Use of whole-gut lavage to measure intestinal immunity in healthy Sierra Leonean children.

1994 
: In view of the potential roles of intestinal immunodeficiency and hypersensitivity in the infection/diarrhea/malnutrition cycle, we need a safe and ethical method to study intestinal immunity of children in the developing world. Work in adults has shown that the fluid obtained by whole-gut lavage (WGLF), essentially a gut perfusate, can be used to assess intestinal immunity, inflammation, and gut losses of protein and blood.
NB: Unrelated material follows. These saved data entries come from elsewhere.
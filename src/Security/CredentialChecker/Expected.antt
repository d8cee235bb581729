-- ===== src/Security/CredentialChecker/Expected.antt =====
-- What src/security/credential_checker.cpp finds, as a table of ports.
use mathlib.Core.List.{append-nil, append_assoc, Permᴰ}
use slipnet.Prelude.{
  ℕ, ◌≤◌, ◌≡◌, refl, sym, ap, ◌∙◌, inl, inr, false, List, [], ◌∷◌, ◌++◌, map, if◌then◌else◌,
  Bool-cases, Bytes, codes, All, arith,
}
use slipnet.Prelude.Int.{ℤ, pos, eq_int, eq_int_iff}
use slipnet.Prelude.Sorting.Compared.{Ordered, Sorts}
use slipnet.Core.NetworkState.{ServiceInfo}
use slipnet.Security.CredentialChecker.Findings.{CredentialRisk, CredentialFinding, risk_code}
use slipnet.Security.CredentialChecker.Findings.CredentialRisk.{low, medium, high, critical}
use slipnet.Security.CredentialChecker.Checks.{
  check_plaintext_authentication, check_remote_authentication_exposure,
  check_database_authentication_exposure,
}
use slipnet.Security.CredentialChecker.Check.{check_service, check_services, before, check}

-- What a finding says, but its texts.
pub record Facts : Type 0 where
  pub host : Bytes
  pub port : ℤ
  pub id : Bytes
  pub risk : CredentialRisk
  pub confidence : ℤ

abbrev pub facts : CredentialFinding → Facts
facts f = record {
  host = f.host;
  port = f.port;
  id = f.id;
  risk = f.risk;
  confidence = f.confidence;
}

-- A port, and the id, risk and confidence of what is found at it.
pub record Rule : Type 0 where
  pub port : ℕ
  pub id : Bytes
  pub risk : CredentialRisk
  pub confidence : ℕ

abbrev rule : ℕ → Bytes → CredentialRisk → ℕ → Rule
rule port id risk confidence = record { port = port; id = id; risk = risk; confidence = confidence }

abbrev pub rules : List Rule
rules =
    rule 21 (codes "SLP-CRED-FTP") high 95
    ∷ rule 23 (codes "SLP-CRED-TELNET") critical 98
    ∷ rule 25 (codes "SLP-CRED-SMTP") medium 80
    ∷ rule 110 (codes "SLP-CRED-POP3") high 92
    ∷ rule 143 (codes "SLP-CRED-IMAP") high 90
    ∷ rule 22 (codes "SLP-CRED-SSH") low 90
    ∷ rule 3389 (codes "SLP-CRED-RDP") high 94
    ∷ rule 445 (codes "SLP-CRED-SMB") high 93
    ∷ rule 3306 (codes "SLP-CRED-MYSQL") high 93
    ∷ rule 5432 (codes "SLP-CRED-POSTGRES") high 93
    ∷ rule 6379 (codes "SLP-CRED-REDIS") high 90
    ∷ rule 27017 (codes "SLP-CRED-MONGO") high 90
    ∷ []

-- The first rule for the port of the service gives its finding; a service at another port has none.
abbrev pub expected_one : List Rule → ServiceInfo → List Facts
expected_one [] service = []
expected_one (r ∷ rest) service =
    let others = expected_one rest service in
    if eq_int service.port (pos r.port)
    then record {
      host = service.ip;
      port = service.port;
      id = r.id;
      risk = r.risk;
      confidence = pos r.confidence;
    }
      ∷ []
    else others

abbrev pub expected : List ServiceInfo → List Facts
expected [] = []
expected (service ∷ services) = expected_one rules service ++ expected services

map_one :
    (findings : List CredentialFinding) (f : CredentialFinding)
    → map facts (findings ++ f ∷ []) ≡ map facts findings ++ facts f ∷ []
map_one [] f = refl
map_one (g ∷ findings) f = ap (λ l. facts g ∷ l) (map_one findings f)

-- A round adds what the table has for the service.
check_service-expected :
    (service : ServiceInfo) (findings : List CredentialFinding)
    → map facts (check_service service findings) ≡ map facts findings ++ expected_one rules service
unfolding check_service check_plaintext_authentication check_remote_authentication_exposure
    check_database_authentication_exposure
check_service-expected service findings = elim (Bool-cases (eq_int service.port (pos 21))) [
  | inl e ↦ rw ((eq_int_iff service.port (pos 21)).0 e) (map_one findings _)
  | inr n0 ↦ elim (Bool-cases (eq_int service.port (pos 23))) [
    | inl e ↦ rw ((eq_int_iff service.port (pos 23)).0 e) (map_one findings _)
    | inr n1 ↦ elim (Bool-cases (eq_int service.port (pos 25))) [
      | inl e ↦ rw ((eq_int_iff service.port (pos 25)).0 e) (map_one findings _)
      | inr n2 ↦ elim (Bool-cases (eq_int service.port (pos 110))) [
        | inl e ↦ rw ((eq_int_iff service.port (pos 110)).0 e) (map_one findings _)
        | inr n3 ↦ elim (Bool-cases (eq_int service.port (pos 143))) [
          | inl e ↦ rw ((eq_int_iff service.port (pos 143)).0 e) (map_one findings _)
          | inr n4 ↦ elim (Bool-cases (eq_int service.port (pos 22))) [
            | inl e ↦ rw ((eq_int_iff service.port (pos 22)).0 e) (map_one findings _)
            | inr n5 ↦ elim (Bool-cases (eq_int service.port (pos 3389))) [
              | inl e ↦ rw ((eq_int_iff service.port (pos 3389)).0 e) (map_one findings _)
              | inr n6 ↦ elim (Bool-cases (eq_int service.port (pos 445))) [
                | inl e ↦ rw ((eq_int_iff service.port (pos 445)).0 e) (map_one findings _)
                | inr n7 ↦ elim (Bool-cases (eq_int service.port (pos 3306))) [
                  | inl e ↦ rw ((eq_int_iff service.port (pos 3306)).0 e) (map_one findings _)
                  | inr n8 ↦ elim (Bool-cases (eq_int service.port (pos 5432))) [
                    | inl e ↦ rw ((eq_int_iff service.port (pos 5432)).0 e) (map_one findings _)
                    | inr n9 ↦ elim (Bool-cases (eq_int service.port (pos 6379))) [
                      | inl e ↦ rw ((eq_int_iff service.port (pos 6379)).0 e) (map_one findings _)
                      | inr n10 ↦ elim (Bool-cases (eq_int service.port (pos 27017))) [
                        | inl e ↦
                            rw ((eq_int_iff service.port (pos 27017)).0 e) (map_one findings _)
                        | inr n11 ↦
                            rw (n0, n1, n2, n3, n4, n5, n6, n7, n8, n9, n10, n11)
                              (sym (append-nil (map facts findings)))
                      ]
                    ]
                  ]
                ]
              ]
            ]
          ]
        ]
      ]
    ]
  ]
]

check_services-expected :
    (services : List ServiceInfo) (findings : List CredentialFinding)
    → map facts (check_services services findings) ≡ map facts findings ++ expected services
unfolding check_services
check_services-expected [] findings = sym (append-nil (map facts findings))
check_services-expected (s ∷ services) findings =
    check_services-expected services (check_service s findings)
    ∙ ap (λ l. l ++ expected services) (check_service-expected s findings)
    ∙ append_assoc (map facts findings) (expected_one rules s) (expected services)

-- The risk of a finding is at least that of all behind it.
abbrev pub Descending : List CredentialFinding → Type 0
Descending [] = Unit
Descending (f ∷ rest) = All (λ g. risk_code g.risk ≤ risk_code f.risk) rest × Descending rest

before_risk : (f g : CredentialFinding) → before g f ≡ false → risk_code g.risk ≤ risk_code f.risk
unfolding before
before_risk f g h = ground arith

All-le :
    (m n : ℕ) (xs : List CredentialFinding)
    → m ≤ n
    → All (λ g. risk_code g.risk ≤ m) xs
    → All (λ g. risk_code g.risk ≤ n) xs
All-le m n [] h k = tt
All-le m n (x ∷ xs) h k = (omega arith, All-le m n xs h k.1)

Ordered-Descending : (xs : List CredentialFinding) → Ordered before xs → Descending xs
Ordered-Descending [] h = tt
Ordered-Descending (f ∷ []) h = (tt, tt)
Ordered-Descending (f ∷ (g ∷ xs)) h =
    let le = before_risk f g h.0 in
    let rest = Ordered-Descending (g ∷ xs) h.1 in
    ((le, All-le (risk_code g.risk) (risk_code f.risk) xs le rest.0), rest)

module _ (sort : List CredentialFinding → List CredentialFinding) (sorts : Sorts before sort)
    (services : List ServiceInfo) where
  -- The findings of a check are, in some order, one for each service at a port of the table, with the
  -- host and port of the service and the id, risk and confidence of the table, and no others; they
  -- stand in order of risk, the highest first.
  pub check-expected :
      ((found : List CredentialFinding) × (map facts found ≡ expected services)
        × Permᴰ found (check sort services))
      × Descending (check sort services)
  unfolding check
  check-expected =
      let found = check_services services [] in
      (
        (found, check_services-expected services [], sorts.same_entries found),
        Ordered-Descending (sort found) (sorts.ordered found),
      )
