-- ===== src/Security/CredentialChecker/Examples.antt =====
-- A check of three services of one host, with an insertion sort for `std::sort`.
use mathlib.Core.List.{Permᴰ}
use slipnet.Prelude.{◌≡◌, true, false, List, [], ◌∷◌, map, Bytes, codes, eq_bytes_iff, arith}
use slipnet.Prelude.Int.{ℤ, pos, lt_int_asym}
use slipnet.Prelude.Sorting.Compared.{insertion_sort, insertion_sort-Sorts}
use slipnet.Core.NetworkState.{ServiceInfo}
use slipnet.Security.SecurityDetector.Analyze.{lt_bytes_asym}
use slipnet.Security.CredentialChecker.Findings.{CredentialFinding}
use slipnet.Security.CredentialChecker.Check.{before, check}
use slipnet.Security.CredentialChecker.Expected.{facts, expected, Descending, check-expected}

before_asym : (a b : CredentialFinding) → before a b ≡ true → before b a ≡ false
unfolding before
before_asym a b h = ground (
  arith,
  lt_bytes_asym a.host b.host,
  lt_int_asym a.port b.port,
  eq_bytes_iff a.host b.host,
  eq_bytes_iff b.host a.host,
)

abbrev service_at : ℤ → Bytes → ServiceInfo
service_at port service = record {
  ip = codes "10.0.0.5";
  port = port;
  protocol = codes "tcp";
  service = service;
  version = [];
}

abbrev services : List ServiceInfo
services =
    service_at (pos 22) (codes "ssh")
    ∷ service_at (pos 8443) (codes "https")
    ∷ service_at (pos 23) (codes "telnet")
    ∷ []

check-expected_example :
    ((found : List CredentialFinding) × (map facts found ≡ expected services)
      × Permᴰ found (check (insertion_sort before) services))
    × Descending (check (insertion_sort before) services)
check-expected_example =
    check-expected (insertion_sort before) (insertion_sort-Sorts before before_asym) services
Gut lavage was successfully performed in 24 of 25 "normal" children aged 6-9 years, from Freetown, Sierra Leone, with parental informed consent. WGLF was treated with protease inhibitors, stored at -20 degrees C, and transferred to Edinburgh for laboratory studies. These showed that no child had occult blood loss but four had evidence of protein-losing enteropathy. Compared with values for Scottish adults, WGLF from the Sierra Leonean children had significantly higher concentrations of IgA and IgM and of IgA and IgM antibodies to dietary antigens and to Salmonella typhi lipopolysaccharide. In three children, very low levels of IgA and IgA antibody were present: Two of these were the only cases with detectable sIL2R in lavage fluid, indirect evidence of intestinal T cell activation; tumor necrosis factor was not detectable. Substantial information on childrens' intestinal immunity can be obtained by the method described.